===== Listed entries =====
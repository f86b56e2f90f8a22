-- ===== src/Plugin.antt =====
-- geyser_plugin_postgres.rs: the calls of the validator.
pub mod Callbacks
pub mod WriteVersions
use solana_indexer_plugin.Base.{
  ℕ, ◌-◌, Bool, true, false, not, ◌&&◌, String, ◌<>◌, Bytes, Option, none, some, List, [], ◌∷◌, ltb,
  if◌then◌else◌,
}
use solana_indexer_plugin.Errors.{
  Exit, ok, err, panic, GeyserPluginError, accounts_update_error, slot_status_update_error, custom,
  connection_error,
}
use solana_indexer_plugin.Account.{ReplicaAccountInfoV2}
use solana_indexer_plugin.Block.{ReplicaBlockInfo}
use solana_indexer_plugin.Transaction.{ReplicaTransactionInfoV2}
use solana_indexer_plugin.Crates.{Crates, SlotStatus}
use solana_indexer_plugin.Config.{GeyserPluginPostgresConfig}
use solana_indexer_plugin.AccountsSelector.{AccountsSelector, is_account_selected, accounts_enabled}
use solana_indexer_plugin.TransactionSelector.{
  TransactionSelector, is_transaction_selected, transactions_enabled,
}
use solana_indexer_plugin.ParallelClient.{
  ParallelClient, Call, send_account, send_slot_status, send_block_metadata, send_transaction,
}

-- `GeyserPluginPostgres`
pub record GeyserPluginPostgres : Type 0 where
  pub config : Option GeyserPluginPostgresConfig
  pub client : Option ParallelClient
  pub accounts_selector : Option AccountsSelector
  pub transaction_selector : Option TransactionSelector
  pub batch_starting_slot : Option ℕ

-- `GeyserPluginPostgres::new`
abbrev pub new_plugin : GeyserPluginPostgres
new_plugin = record {
  config = none;
  client = none;
  accounts_selector = none;
  transaction_selector = none;
  batch_starting_slot = none;
}

-- `_create_plugin`: what the validator gets a pointer to
abbrev pub create_plugin : GeyserPluginPostgres
create_plugin = new_plugin

-- Of the versioned structs the program reads one version.
pub data ReplicaAccountInfoVersions : Type 0 where
  v0_0_1 : ReplicaAccountInfoVersions
  v0_0_2 : ReplicaAccountInfoV2 → ReplicaAccountInfoVersions

pub data ReplicaTransactionInfoVersions : Type 0 where
  v0_0_1 : ReplicaTransactionInfoVersions
  v0_0_2 : ReplicaTransactionInfoV2 → ReplicaTransactionInfoVersions

pub data ReplicaBlockInfoVersions : Type 0 where
  v0_0_1 : ReplicaBlockInfo → ReplicaBlockInfoVersions

-- `client_err`
abbrev pub client_err : Exit (Unit {0})
client_err = err (custom (connection_error "Client not connected."))

abbrev pub Result : Type 0
Result = Exit (Unit {0}) × GeyserPluginPostgres

-- The plugin after a call of its client, with an error wrapped once more.
unfoldable pub after :
    (GeyserPluginError → GeyserPluginError) → GeyserPluginPostgres → Call → Result
after wrap p (ok _, c) = (ok tt, record p { client = some c })
after wrap p (err e, c) = (err (wrap e), record p { client = some c })
after wrap p (panic, c) = (panic, record p { client = some c })

-- `is_startup && batch_starting_slot.map(|slot_limit| slot < slot_limit).unwrap_or(false)`
unfoldable pub skips : Bool → ℕ → Option ℕ → Bool
skips is_startup slot none = false
skips is_startup slot (some slot_limit) = is_startup && ltb slot slot_limit

module _ (X : Crates) where
  -- What follows once there is a client.
  unfoldable pub update_selected :
      ReplicaAccountInfoVersions
      → ℕ
      → Bool
      → Option AccountsSelector
      → ParallelClient
      → GeyserPluginPostgres
      → Result
  unfolding after
  update_selected ReplicaAccountInfoVersions.v0_0_1 slot is_startup selector c p =
      (err (accounts_update_error "Failed to update account. Unsupported format."), p)
  update_selected (ReplicaAccountInfoVersions.v0_0_2 account) slot is_startup none c p = (ok tt, p)
  update_selected (ReplicaAccountInfoVersions.v0_0_2 account) slot is_startup (some s) c p =
      if not (is_account_selected s account.pubkey account.owner)
      then (ok tt, p)
      else after
          (λ e. accounts_update_error (
            "Failed to persist the update of account to the PostgreSQL database. Error: "
            <> X.debug e))
          p (send_account X account slot is_startup c)

  -- `GeyserPlugin::update_account`
  unfoldable pub update_account :
      ReplicaAccountInfoVersions → ℕ → Bool → GeyserPluginPostgres → Result
  unfolding skips update_selected
  update_account account slot is_startup p =
      if skips is_startup slot p.batch_starting_slot then (ok tt, p) else elim p.client [
        | none ↦ (client_err, p)
        | some c ↦ update_selected account slot is_startup p.accounts_selector c p
      ]

  -- `GeyserPlugin::update_slot_status`
  unfoldable pub update_slot_status : ℕ → Option ℕ → SlotStatus → GeyserPluginPostgres → Result
  unfolding after
  update_slot_status slot parent status p = elim p.client [
    | none ↦ (client_err, p)
    | some c ↦
        after
          (λ e. slot_status_update_error (
            "Failed to persist the update of slot to the PostgreSQL database. Error: "
            <> X.debug e))
          p (send_slot_status X slot parent status c)
  ]

  unfoldable pub notify_selected :
      ReplicaTransactionInfoVersions
      → ℕ
      → Option TransactionSelector
      → ParallelClient
      → GeyserPluginPostgres
      → Result
  unfolding after
  notify_selected ReplicaTransactionInfoVersions.v0_0_1 slot selector c p = (
    err (
        slot_status_update_error
          "Failed to persist the transaction info to the PostgreSQL database. Unsupported format."),
    p,
  )
  notify_selected (ReplicaTransactionInfoVersions.v0_0_2 info) slot none c p = (ok tt, p)
  notify_selected (ReplicaTransactionInfoVersions.v0_0_2 info) slot (some s) c p =
      if not (is_transaction_selected s info.is_vote info.account_keys)
      then (ok tt, p)
      else after
          (λ e. slot_status_update_error (
            "Failed to persist the transaction info to the PostgreSQL database. Error: "
            <> X.debug e))
          p (send_transaction X info slot c)

  -- `GeyserPlugin::notify_transaction`
  unfoldable pub notify_transaction :
      ReplicaTransactionInfoVersions → ℕ → GeyserPluginPostgres → Result
  unfolding notify_selected
  notify_transaction info slot p = elim p.client [
    | none ↦ (client_err, p)
    | some c ↦ notify_selected info slot p.transaction_selector c p
  ]

  -- `GeyserPlugin::notify_block_metadata`
  unfoldable pub notify_block_metadata : ReplicaBlockInfoVersions → GeyserPluginPostgres → Result
  unfolding after
  notify_block_metadata (ReplicaBlockInfoVersions.v0_0_1 block_info) p = elim p.client [
    | none ↦ (client_err, p)
    | some c ↦
        after
          (λ e. slot_status_update_error (
            "Failed to persist the update of block metadata to the PostgreSQL database. Error: "
            <> X.debug e))
          p (send_block_metadata X block_info c)
  ]

-- `GeyserPlugin::notify_end_of_startup`, once the client's call has returned
unfoldable pub notify_end_of_startup : GeyserPluginPostgres → Result
notify_end_of_startup p = elim p.client [
  | none ↦ (client_err, p)
  | some c ↦ (ok tt, record p { client = some (record c { is_startup_done = true }) })
]

-- `GeyserPlugin::account_data_notifications_enabled`
abbrev pub account_data_notifications_enabled : GeyserPluginPostgres → Bool
account_data_notifications_enabled p = elim p.accounts_selector [
  | none ↦ false
  | some s ↦ accounts_enabled s
]

-- `GeyserPlugin::transaction_notifications_enabled`
abbrev pub transaction_notifications_enabled : GeyserPluginPostgres → Bool
transaction_notifications_enabled p = elim p.transaction_selector [
  | none ↦ false
  | some s ↦ transactions_enabled s
]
=====
Exercise description. Taking the entries above, restate exactly those lines that fall between the line with "pub data ReplicaAccountInfoVersions" and the line with "-- The plugin", keeping both of those lines too.

Task answer.
pub data ReplicaAccountInfoVersions : Type 0 where
  v0_0_1 : ReplicaAccountInfoVersions
  v0_0_2 : ReplicaAccountInfoV2 → ReplicaAccountInfoVersions

pub data ReplicaTransactionInfoVersions : Type 0 where
  v0_0_1 : ReplicaTransactionInfoVersions
  v0_0_2 : ReplicaTransactionInfoV2 → ReplicaTransactionInfoVersions

pub data ReplicaBlockInfoVersions : Type 0 where
  v0_0_1 : ReplicaBlockInfo → ReplicaBlockInfoVersions

-- `client_err`
abbrev pub client_err : Exit (Unit {0})
client_err = err (custom (connection_error "Client not connected."))

abbrev pub Result : Type 0
Result = Exit (Unit {0}) × GeyserPluginPostgres

-- The plugin after a call of its client, with an error wrapped once more.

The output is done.